Birliği Güçlendirme Vakti

Ak Parti Elazığ Belediye Başkan adayını geçtiğimiz pazar günü Haliç Kongre merkezinde açıkladı.

TAKİP ET

Cumhurbaşkanı Erdoğan'ın elini kaldırarak ve “Elazığ'da mevcut Belediye Başkanımız Şahin Şerifoğulları ile durmak yok yola devam diyoruz” sözleriyle kamuoyuna duyurulan Şahin Şerifoğulları, salı günü ilimize geldi.

Havaalanında yoğun bir sevgi seli ile karşılanan ve yol boyu tezahüratlar ve sloganlarla önü kesilen Başkan Şerifoğulları'nın konvoyu, iki saatte Ak Parti il binasına anca ulaşabildi.

Havaalanı konuşması, parti balkon konuşması ve parti basın toplantısında çok güzel birlik ve beraberlik mesajları verildi. Zaten günler öncesinde başkanı atanan SKM toplantısı yapıldı ve çalışmaların planlaması görüşüldü.

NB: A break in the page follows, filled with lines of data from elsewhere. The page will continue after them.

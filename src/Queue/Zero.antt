-- ===== src/Queue/Zero.antt =====
-- A queue of capacity zero.
use logparse.Base.{◌≡◌, refl, ap, ◌∙◌, Bool, true, false, List, [], ◌∷◌, none, arith, if◌then◌else◌}
use logparse.Config.{OverflowPolicy, block, drop_newest, drop_oldest, discard}
use logparse.Queue.{Queue, init, push, pop, shutdown, admission, conclude, drop_head}
use logparse.Queue.Run.{
  Call, pushes, pops, shuts, Reply, waits, faults, closes, pushed, popped, run, step, queue_ops,
  taken,
}

module _ {A : Type 0} where
  -- What a caller sees of such a queue, by its policy and by whether it is shut down.
  abbrev pub zero_push : OverflowPolicy → Bool → Reply A
  zero_push block closed = if closed then pushed false else waits
  zero_push drop_newest closed = pushed false
  zero_push drop_oldest closed = faults
  zero_push discard closed = pushed false

  abbrev pub zero_reply : OverflowPolicy → Bool → Call A → Reply A
  zero_reply p closed (pushes a) = zero_push p closed
  zero_reply p closed pops = if closed then popped none else waits
  zero_reply p closed shuts = closes

  abbrev closed_by : Bool → Call A → Bool
  closed_by closed shuts = true
  closed_by closed _ = closed

  unfoldable pub zero_replies : OverflowPolicy → Bool → List (Call A) → List (Reply A)
  zero_replies p closed [] = []
  zero_replies p closed (c ∷ cs) = zero_reply p closed c ∷ zero_replies p (closed_by closed c) cs

  abbrev left_by : Queue A → Call A → Queue A
  left_by q shuts = shutdown q
  left_by q _ = q

  push-zero :
      (q : Queue A) (a : A) (p : OverflowPolicy)
      → q.policy ≡ p
      → q.size ≡ 0
      → q.capacity ≡ 0
      → step queue_ops q (pushes a) ≡ (zero_push p q.is_shutdown, q)
  unfolding push admission conclude drop_head
  push-zero q a block e s c = rw e (ground arith)
  push-zero q a drop_newest e s c = rw e (ground arith)
  push-zero q a drop_oldest e s c = rw e (ground arith)
  push-zero q a discard e s c = rw e (ground arith)

  step-zero :
      (q : Queue A) (c : Call A)
      → q.size ≡ 0
      → q.capacity ≡ 0
      → step queue_ops q c ≡ (zero_reply q.policy q.is_shutdown c, left_by q c)
  unfolding pop
  step-zero q (pushes a) s c = push-zero q a q.policy refl s c
  step-zero q pops s c = ground arith
  step-zero q shuts s c = refl

  run-zero :
      (q : Queue A) (cs : List (Call A))
      → q.size ≡ 0
      → q.capacity ≡ 0
      → (run queue_ops q cs).0 ≡ zero_replies q.policy q.is_shutdown cs
  unfolding run zero_replies shutdown
  run-zero q [] s c = refl
  run-zero q (pushes a ∷ cs) s c =
      rw (step-zero q (pushes a) s c)
        (ap (◌∷◌ (zero_push q.policy q.is_shutdown)) (run-zero q cs s c))
  run-zero q (pops ∷ cs) s c =
      rw (step-zero q pops s c)
        (ap (◌∷◌ (if q.is_shutdown then popped none else waits)) (run-zero q cs s c))
  run-zero q (shuts ∷ cs) s c = ap (◌∷◌ closes) (run-zero (shutdown q) cs s c)

  taken-zero :
      (p : OverflowPolicy) (closed : Bool) (cs : List (Call A))
      → taken cs (zero_replies p closed cs) ≡ []
  unfolding taken zero_replies
  taken-zero p closed [] = refl
  taken-zero block true (pushes a ∷ cs) = taken-zero block true cs
  taken-zero block false (pushes a ∷ cs) = taken-zero block false cs
  taken-zero drop_newest closed (pushes a ∷ cs) = taken-zero drop_newest closed cs
  taken-zero drop_oldest closed (pushes a ∷ cs) = taken-zero drop_oldest closed cs
  taken-zero discard closed (pushes a ∷ cs) = taken-zero discard closed cs
  taken-zero p closed (pops ∷ cs) = taken-zero p closed cs
  taken-zero p closed (shuts ∷ cs) = taken-zero p true cs

  -- A queue of capacity zero takes no item, whatever calls are made: until `shutdown`, a `push` waits
  -- under `Block` and so does every `pop`; under `DropNewest` and `Discard` each item is refused; and
  -- under `DropOldest` each push divides by zero. Behind `shutdown`, `Block` refuses and `pop` returns
  -- `false`.
  pub zero_capacity :
      (blank : A) (p : OverflowPolicy) (cs : List (Call A))
      → let replies = (run queue_ops (init blank 0 p) cs).0 in
        (replies ≡ zero_replies p false cs) × (taken cs replies ≡ [])
  unfolding init
  zero_capacity blank p cs =
      let same = run-zero (init blank 0 p) cs refl refl in
      (same, ap (taken cs) same ∙ taken-zero p false cs)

İl başkanı, milletvekilleri, Belediye başkanı ve partinin yetkili tüm organlarıyla gerçekleştirilen başarılı ve verimli toplantıda istişareler yapıldı, görüşler ortaya kondu.

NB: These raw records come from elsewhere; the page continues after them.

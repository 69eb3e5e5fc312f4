-- ===== src/Queue/Tests.antt =====
-- Runs of the queue, and each theorem at a concrete queue.
use logparse.Base.{ℕ, ◌≡◌, refl, true, false, List, [], ◌∷◌, ◌++◌, none, some, arith}
use logparse.Config.{block, drop_oldest}
use logparse.Queue.{Queue, init, push, pop, shutdown}
use logparse.Queue.Inv.{IsValid}
use logparse.Queue.Refine.{items, view, window}
use logparse.Queue.Run.{
  Call, pushes, pops, shuts, waits, closes, pushed, popped, run, taken, handed, queue_ops, fifo_ops,
  run-IsValid, run_refines, run_keeps_order,
}
use logparse.Queue.Closed.{drained, pops_of, shutdown_drains}
use logparse.Queue.Zero.{zero_replies, zero_capacity}

-- 8, then 9, round the end of the buffer.
abbrev wrapped : Queue ℕ
wrapped = record {
  buffer = 9 ∷ 7 ∷ 8 ∷ [];
  head = 2;
  tail = 1;
  size = 2;
  capacity = 3;
  policy = block;
  is_shutdown = false;
}

abbrev overwriting : Queue ℕ
overwriting = record {
  buffer = 9 ∷ 8 ∷ [];
  head = 1;
  tail = 1;
  size = 2;
  capacity = 2;
  policy = drop_oldest;
  is_shutdown = false;
}

abbrev closed : Queue ℕ
closed = record wrapped { is_shutdown = true }

abbrev calls : List (Call ℕ)
calls = pushes 1 ∷ pushes 2 ∷ pops ∷ pops ∷ shuts ∷ pops ∷ pops ∷ []

wrapped-IsValid : IsValid wrapped
wrapped-IsValid = omega arith

overwriting-IsValid : IsValid overwriting
overwriting-IsValid = omega arith

closed-IsValid : IsValid closed
closed-IsValid = omega arith

items-wrapped : items wrapped ≡ 8 ∷ 9 ∷ []
unfolding window
items-wrapped = refl

run-wrapped :
    (run queue_ops wrapped calls).0
    ≡ pushed true
      ∷ waits
      ∷ popped (some 8)
      ∷ popped (some 9)
      ∷ closes
      ∷ popped (some 1)
      ∷ popped none
      ∷ []
unfolding run push pop shutdown
run-wrapped = refl

run-IsValid_example : IsValid (run queue_ops wrapped calls).1
run-IsValid_example = run-IsValid wrapped calls wrapped-IsValid

run_refines_example :
    let (rs, t) = run queue_ops wrapped calls in (rs, view t) ≡ run fifo_ops (view wrapped) calls
run_refines_example = run_refines wrapped calls wrapped-IsValid

run_keeps_order_example :
    let (rs, t) = run queue_ops wrapped calls in
    items wrapped ++ taken calls rs ≡ handed rs ++ items t
run_keeps_order_example = run_keeps_order wrapped calls wrapped-IsValid (cc)

shutdown_drains_example : (run queue_ops closed (pops_of 3)).0 ≡ drained (8 ∷ 9 ∷ [])
unfolding window
shutdown_drains_example = shutdown_drains closed closed-IsValid refl

abbrev zero_calls : List (Call ℕ)
zero_calls = pushes 3 ∷ pops ∷ shuts ∷ pushes 4 ∷ []

zero_capacity_example :
    let replies = (run queue_ops (init 0 0 drop_oldest) zero_calls).0 in
    (replies ≡ zero_replies drop_oldest false zero_calls) × (taken zero_calls replies ≡ [])
zero_capacity_example = zero_capacity 0 drop_oldest zero_calls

Herkesin hedefi seçim kazanmak ve bunun için yoğun gayret göstermekti. Ancak toplantı sonrası öyle bir tablo sergilendi ki sanki Ak Parti'de bölgesel bir ayrışma, rekabet ve çekememezlik algısı oluşturulmaya çalışıldı.

Ak Partinin ruhunda, genlerinde ve müstebatında bölgeselciliğe yer yok. İnançlarından aldığı referanslar da zaten buna engel. Durum bu olmasına rağmen, belirli bir bölgeden isimlerin yine belirli ilçe ve beldelere giderek siyasi çalışma yapma adına belirli mahfillerde farklı yorumlanabilecek ve karşı adımı getirebilecek bir tablo ortaya koymaları çok doğru bir davranış olmadı gibi.

Elbette aday adaylarının aday gösterilmese bile siyasi çalışma yapması doğrudur ve hatta elzemdir. Elbette kendileri aday gösterilmese bile inandıkları davanın muzafferiyeti adına çalışmalara katkı sunması gerekir ve bu erdemli de bir davranış olur.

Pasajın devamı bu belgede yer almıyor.